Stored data
-*-

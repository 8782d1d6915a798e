-- ===== src/Auth.antt =====
-- packages/auth/src/rbac.ts: the permissions of a role, and whether a principal has one in a scope.
pub mod Laws
mod Examples
use arc_db.Base.{
  ℕ, String, Bool, true, false, not, ◌&&◌, ◌||◌, Option, none, some, List, [], ◌∷◌, find, keep,
  includes, map, Result, ok, err, throw_if, ◌==◌,
}

pub data Permission : Type 0 where
  organization_read organization_manage project_read project_manage api_key_manage : Permission
  run_read run_write output_read output_write output_promote evidence_write : Permission
  effect_read effect_prepare effect_commit effect_remediate : Permission
  dataset_read dataset_export audit_read : Permission

abbrev pub permission_name : Permission → String
permission_name organization_read = "organization:read"
permission_name organization_manage = "organization:manage"
permission_name project_read = "project:read"
permission_name project_manage = "project:manage"
permission_name api_key_manage = "api_key:manage"
permission_name run_read = "run:read"
permission_name run_write = "run:write"
permission_name output_read = "output:read"
permission_name output_write = "output:write"
permission_name output_promote = "output:promote"
permission_name evidence_write = "evidence:write"
permission_name effect_read = "effect:read"
permission_name effect_prepare = "effect:prepare"
permission_name effect_commit = "effect:commit"
permission_name effect_remediate = "effect:remediate"
permission_name dataset_read = "dataset:read"
permission_name dataset_export = "dataset:export"
permission_name audit_read = "audit:read"

-- `PERMISSIONS`
abbrev pub permissions : List Permission
permissions =
    organization_read ∷ organization_manage ∷ project_read ∷ project_manage ∷ api_key_manage
    ∷ run_read ∷ run_write ∷ output_read ∷ output_write ∷ output_promote ∷ evidence_write
    ∷ effect_read ∷ effect_prepare ∷ effect_commit ∷ effect_remediate ∷ dataset_read
    ∷ dataset_export ∷ audit_read ∷ []

pub data Role : Type 0 where
  owner admin member viewer : Role

abbrev pub same_permission : Permission → Permission → Bool
same_permission p q = permission_name p == permission_name q

-- `ROLE_PERMISSIONS`
unfoldable pub permissions_for_role : Role → List Permission
permissions_for_role owner = permissions
permissions_for_role admin = keep (λ p. not (same_permission p organization_manage)) permissions
permissions_for_role member =
    organization_read ∷ project_read ∷ run_read ∷ run_write ∷ output_read ∷ output_write
    ∷ evidence_write ∷ effect_read ∷ effect_prepare ∷ dataset_read ∷ []
permissions_for_role viewer =
    organization_read ∷ project_read ∷ run_read ∷ output_read ∷ effect_read ∷ dataset_read ∷ []

pub record Principal : Type 0 where
  pub tenant_id : String
  pub project_id : Option String
  pub permissions : List String

pub record Scope : Type 0 where
  pub tenant_id : String
  pub project_id : Option String

pub data Fault : Type 0 where
  -- AuthorizationError(permission)
  forbidden : Permission → Fault
  -- TypeError(`Unknown permission: ${permission}`)
  unknown_permission : String → Fault

abbrev pub scope_or_own : Principal → Option Scope → Scope
scope_or_own p none = record { tenant_id = p.tenant_id; project_id = none }
scope_or_own p (some scope) = scope

-- A principal of a project is confined to it.
abbrev pub is_within : Option String → Option String → Bool
is_within none scope = true
is_within (some project) none = false
is_within (some project) (some scope) = project == scope

unfoldable pub has_permission : Principal → Permission → Option Scope → Bool
has_permission p permission given =
    let scope = scope_or_own p given in
    p.tenant_id == scope.tenant_id
    && (is_within p.project_id scope.project_id
        && includes ◌==◌ p.permissions (permission_name permission))

unfoldable pub authorize : Principal → Permission → Option Scope → Result Fault (Unit {0})
unfolding has_permission
authorize p permission scope =
    throw_if (not (has_permission p permission scope)) (forbidden permission)

abbrev pub is_known : String → Bool
is_known s = includes ◌==◌ (map permission_name permissions) s

abbrev pub refuse : Option String → Result Fault (Unit {0})
refuse none = ok tt
refuse (some s) = err (unknown_permission s)

unfoldable pub assert_known_permissions : List String → Result Fault (Unit {0})
assert_known_permissions given = refuse (find (λ s. not (is_known s)) given)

-*-

From the entries above, copy each line holding "keep".

TASK RESULT ->
  ℕ, String, Bool, true, false, not, ◌&&◌, ◌||◌, Option, none, some, List, [], ◌∷◌, find, keep,
permissions_for_role admin = keep (λ p. not (same_permission p organization_manage)) permissions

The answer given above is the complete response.